-- ===== src/Render/Access/Denials.antt =====
-- What the routes that block do with a request.
use edge_caddy.Prelude.{
  Bool, true, false, not, ◌&&◌, ◌||◌, String, str_eq, Option, none, some, List, [], ◌∷◌, ◌++◌, ◌≡◌,
  refl, sym, ap, ◌∙◌, if◌then◌else◌, Bool-cases, inl, inr, All,
}
use edge_caddy.Render.Go.{Go}
use edge_caddy.Render.Resources.{Filter, Rule, Route}
use edge_caddy.Render.Caddy.{
  Condition, host, remote_ip, not_remote_ip, Handler, CaddyRoute, Caddy, any_set, matched,
}
use edge_caddy.Render.Access.{
  block_handler, normalize_ranges, deny_route, filter_condition, filter_matchers, if_any, deny,
  rule_deny_route, deny_routes,
}
use edge_caddy.Render.Access.Spec.{
  is_known, all_known, HasKnownFilters, or_empty, holds_at, any_filter, rule_admits, rules_admit,
  route_admits,
}

module _ (go : Go) (caddy : Caddy) where
  serve-deny :
      (r : Route) (sets : List (List Condition)) (rest : List CaddyRoute) (q : caddy.Request)
      → caddy.serve (deny go r sets ++ rest) q ≡ (
          if matched caddy.holds sets q
          then block_handler r.block_mode ∷ []
          else caddy.serve rest q)
  serve-deny r sets rest q = elim (Bool-cases (matched caddy.holds sets q)) [
    | inl hit ↦ rw hit (caddy.serve-terminal _ rest q hit refl)
    | inr miss ↦ rw miss (caddy.serve-unmatched _ rest q miss)
  ]

  serve-one_set :
      (r : Route) (c : Condition) (refuses : Bool) (rest : List CaddyRoute) (q : caddy.Request)
      → caddy.holds c q ≡ refuses
      → caddy.serve (deny go r ((host (r.domain ∷ []) ∷ c ∷ []) ∷ []) ++ rest) q ≡ (
          if caddy.host_matches r.domain q && refuses
          then block_handler r.block_mode ∷ []
          else caddy.serve rest q)
  serve-one_set r c refuses rest q same =
      serve-deny r ((host (r.domain ∷ []) ∷ c ∷ []) ∷ []) rest q
      ∙ ap (λ b. if b then block_handler r.block_mode ∷ [] else caddy.serve rest q)
          (rw (caddy.holds-host r.domain q, same) (one_set (caddy.host_matches r.domain q) refuses))
    where
      one_set : (h b : Bool) → ((h && (b && true)) || false) ≡ h && b
      one_set true true = refl
      one_set true false = refl
      one_set false b = refl

  any_set-filter_matchers :
      (domain : String) (fs : List Filter) (q : caddy.Request)
      → any_set caddy.holds (filter_matchers go domain fs) q
        ≡ caddy.host_matches domain q && any_filter go caddy fs q
  unfolding filter_matchers
  any_set-filter_matchers domain [] q = never (caddy.host_matches domain q)
    where
      never : (h : Bool) → false ≡ h && false
      never true = refl
      never false = refl
  any_set-filter_matchers domain (f ∷ fs) q =
      one (filter_condition go f) (any_set-filter_matchers domain fs q)
    where
      distributes : (h c r : Bool) → ((h && (c && true)) || (h && r)) ≡ h && (c || r)
      distributes true true r = refl
      distributes true false r = refl
      distributes false c r = refl

      one :
          (o : Option Condition)
          → any_set caddy.holds (filter_matchers go domain fs) q
            ≡ caddy.host_matches domain q && any_filter go caddy fs q
          → any_set caddy.holds
              (elim o [
                | none ↦ filter_matchers go domain fs
                | some c ↦ (host (domain ∷ []) ∷ c ∷ []) ∷ filter_matchers go domain fs
              ])
              q
            ≡ caddy.host_matches domain q && (holds_at go caddy o q || any_filter go caddy fs q)
      one none h = h
      one (some c) h =
          rw (caddy.holds-host domain q, h)
            (distributes (caddy.host_matches domain q) (caddy.holds c q) (any_filter go caddy fs q))

  matched-filter_matchers :
      (domain : String) (f : Filter) (fs : List Filter) (q : caddy.Request)
      → all_known go (f ∷ fs) ≡ true
      → matched caddy.holds (filter_matchers go domain (f ∷ fs)) q
        ≡ any_set caddy.holds (filter_matchers go domain (f ∷ fs)) q
  unfolding filter_matchers
  matched-filter_matchers domain f fs q known = one (filter_condition go f) known
    where
      one :
          (o : Option Condition)
          → (is_known o && all_known go fs) ≡ true
          → matched caddy.holds
              (elim o [
                | none ↦ filter_matchers go domain fs
                | some c ↦ (host (domain ∷ []) ∷ c ∷ []) ∷ filter_matchers go domain fs
              ])
              q
            ≡ any_set caddy.holds
                (elim o [
                  | none ↦ filter_matchers go domain fs
                  | some c ↦ (host (domain ∷ []) ∷ c ∷ []) ∷ filter_matchers go domain fs
                ])
                q
      one none h = cc
      one (some c) h = refl

  -- What a block does where it applies.
  abbrev pub blocked_or : Route → Bool → List Handler → List Handler
  blocked_or r b rest = if b then block_handler r.block_mode ∷ [] else rest

  module _ (r : Route) (rest : List CaddyRoute) (q : caddy.Request) where
    pub nothing_denied :
        (h : Bool) → caddy.serve rest q ≡ blocked_or r (h && false) (caddy.serve rest q)
    nothing_denied true = refl
    nothing_denied false = refl

    serve-whitelist :
        (ips : List String)
        → caddy.serve
            (if_any ips (
                deny go r
                  ((host (r.domain ∷ []) ∷ not_remote_ip (normalize_ranges go ips) ∷ []) ∷ []))
              ++ rest)
            q
          ≡ blocked_or r
              (caddy.host_matches r.domain q
                && not (or_empty ips (caddy.in_ranges (normalize_ranges go ips) q)))
              (caddy.serve rest q)
    serve-whitelist [] = nothing_denied (caddy.host_matches r.domain q)
    serve-whitelist (ip ∷ ips) =
        serve-one_set r (not_remote_ip (normalize_ranges go (ip ∷ ips))) _ rest q
          (caddy.holds-not_remote_ip (normalize_ranges go (ip ∷ ips)) q)

    serve-blacklist :
        (ips : List String)
        → caddy.serve
            (if_any ips
                (deny go r ((host (r.domain ∷ []) ∷ remote_ip (normalize_ranges go ips) ∷ []) ∷ []))
              ++ rest)
            q
          ≡ blocked_or r
              (caddy.host_matches r.domain q
                && not (or_empty ips (not (caddy.in_ranges (normalize_ranges go ips) q))))
              (caddy.serve rest q)
    serve-blacklist [] = nothing_denied (caddy.host_matches r.domain q)
    serve-blacklist (ip ∷ ips) =
        serve-one_set r (remote_ip (normalize_ranges go (ip ∷ ips))) _ rest q
          (caddy.holds-remote_ip (normalize_ranges go (ip ∷ ips)) q ∙ twice (caddy.in_ranges _ q))
      where
        twice : (b : Bool) → b ≡ not (not b)
        twice true = refl
        twice false = refl

    serve-filters :
        (fs : List Filter)
        → all_known go fs ≡ true
        → caddy.serve (if_any fs (deny go r (filter_matchers go r.domain fs)) ++ rest) q
          ≡ blocked_or r
              (caddy.host_matches r.domain q && not (not (any_filter go caddy fs q)))
              (caddy.serve rest q)
    serve-filters [] known = nothing_denied (caddy.host_matches r.domain q)
    serve-filters (f ∷ fs) known =
        serve-deny r (filter_matchers go r.domain (f ∷ fs)) rest q
        ∙ ap (λ b. blocked_or r b (caddy.serve rest q))
            (matched-filter_matchers r.domain f fs q known
              ∙ any_set-filter_matchers r.domain (f ∷ fs) q
              ∙ ap (λ b. caddy.host_matches r.domain q && b)
                  (twice (any_filter go caddy (f ∷ fs) q)))
      where
        twice : (b : Bool) → b ≡ not (not b)
        twice true = refl
        twice false = refl

    all_known-true :
        (rule : Rule)
        → str_eq rule.kind "request_filter" ≡ true
        → HasKnownFilters go rule
        → all_known go rule.spec.filters ≡ true
    all_known-true rule filters known = known_if _ _ filters known
      where
        known_if : (a b : Bool) → a ≡ true → (a && not b) ≡ false → b ≡ true
        known_if true true _ _ = refl
        known_if true false _ h = sym h
        known_if false b h _ = cc

    serve-rule_deny_route :
        (rule : Rule)
        → HasKnownFilters go rule
        → caddy.serve (rule_deny_route go r rule ++ rest) q
          ≡ blocked_or r
              (caddy.host_matches r.domain q && not (rule_admits go caddy rule q))
              (caddy.serve rest q)
    unfolding rule_deny_route
    serve-rule_deny_route rule known = elim (Bool-cases (str_eq rule.kind "ip_whitelist")) [
      | inl white ↦ rw white (serve-whitelist rule.spec.ips)
      | inr a ↦ elim (Bool-cases (str_eq rule.kind "ip_blacklist")) [
        | inl black ↦ rw (a, black) (serve-blacklist rule.spec.ips)
        | inr b ↦ elim (Bool-cases (str_eq rule.kind "request_filter")) [
          | inl filters ↦
              rw (a, b, filters)
                (serve-filters rule.spec.filters (all_known-true rule filters known))
          | inr c ↦ rw (a, b, c) (nothing_denied (caddy.host_matches r.domain q))
        ]
      ]
    ]

    pub serve-deny_route :
        caddy.serve (deny_route go r ++ rest) q
        ≡ blocked_or r
            (caddy.host_matches r.domain q && not (route_admits go caddy r q))
            (caddy.serve rest q)
    unfolding deny_route
    serve-deny_route = serve-whitelist r.whitelist

  pub append_assoc : (xs ys zs : List CaddyRoute) → (xs ++ ys) ++ zs ≡ xs ++ (ys ++ zs)
  append_assoc [] ys zs = refl
  append_assoc (x ∷ xs) ys zs = ap (λ l. x ∷ l) (append_assoc xs ys zs)

  pub serve-deny_routes :
      (r : Route) (rules : List Rule) (rest : List CaddyRoute) (q : caddy.Request)
      → All (HasKnownFilters go) rules
      → caddy.serve (deny_routes go r rules ++ rest) q
        ≡ blocked_or r
            (caddy.host_matches r.domain q && not (rules_admit go caddy rules q))
            (caddy.serve rest q)
  unfolding deny_routes
  serve-deny_routes r [] rest q known = nothing_denied r rest q (caddy.host_matches r.domain q)
  serve-deny_routes r (rule ∷ rules) rest q known =
      ap (λ l. caddy.serve l q)
        (append_assoc (rule_deny_route go r rule) (deny_routes go r rules) rest)
      ∙ serve-rule_deny_route r (deny_routes go r rules ++ rest) q rule known.0
      ∙ ap (blocked_or r (caddy.host_matches r.domain q && not (rule_admits go caddy rule q)))
          (serve-deny_routes r rules rest q known.1)
      ∙ both (caddy.host_matches r.domain q) (rule_admits go caddy rule q)
          (rules_admit go caddy rules q)
    where
      both :
          (h a b : Bool)
          → blocked_or r (h && not a) (blocked_or r (h && not b) (caddy.serve rest q))
            ≡ blocked_or r (h && not (a && b)) (caddy.serve rest q)
      both true true b = refl
      both true false b = refl
      both false a b = refl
:::
### [HOW TO COMPLETE THIS TASK]
Taking the line that contains "serve-deny_route = serve-whitelist" as the starting point, copy every line through the end of the listing exactly, and write nothing further.

### [TASK SOLUTION]
    serve-deny_route = serve-whitelist r.whitelist

  pub append_assoc : (xs ys zs : List CaddyRoute) → (xs ++ ys) ++ zs ≡ xs ++ (ys ++ zs)
  append_assoc [] ys zs = refl
  append_assoc (x ∷ xs) ys zs = ap (λ l. x ∷ l) (append_assoc xs ys zs)

  pub serve-deny_routes :
      (r : Route) (rules : List Rule) (rest : List CaddyRoute) (q : caddy.Request)
      → All (HasKnownFilters go) rules
      → caddy.serve (deny_routes go r rules ++ rest) q
        ≡ blocked_or r
            (caddy.host_matches r.domain q && not (rules_admit go caddy rules q))
            (caddy.serve rest q)
  unfolding deny_routes
  serve-deny_routes r [] rest q known = nothing_denied r rest q (caddy.host_matches r.domain q)
  serve-deny_routes r (rule ∷ rules) rest q known =
      ap (λ l. caddy.serve l q)
        (append_assoc (rule_deny_route go r rule) (deny_routes go r rules) rest)
      ∙ serve-rule_deny_route r (deny_routes go r rules ++ rest) q rule known.0
      ∙ ap (blocked_or r (caddy.host_matches r.domain q && not (rule_admits go caddy rule q)))
          (serve-deny_routes r rules rest q known.1)
      ∙ both (caddy.host_matches r.domain q) (rule_admits go caddy rule q)
          (rules_admit go caddy rules q)
    where
      both :
          (h a b : Bool)
          → blocked_or r (h && not a) (blocked_or r (h && not b) (caddy.serve rest q))
            ≡ blocked_or r (h && not (a && b)) (caddy.serve rest q)
      both true true b = refl
      both true false b = refl
      both false a b = refl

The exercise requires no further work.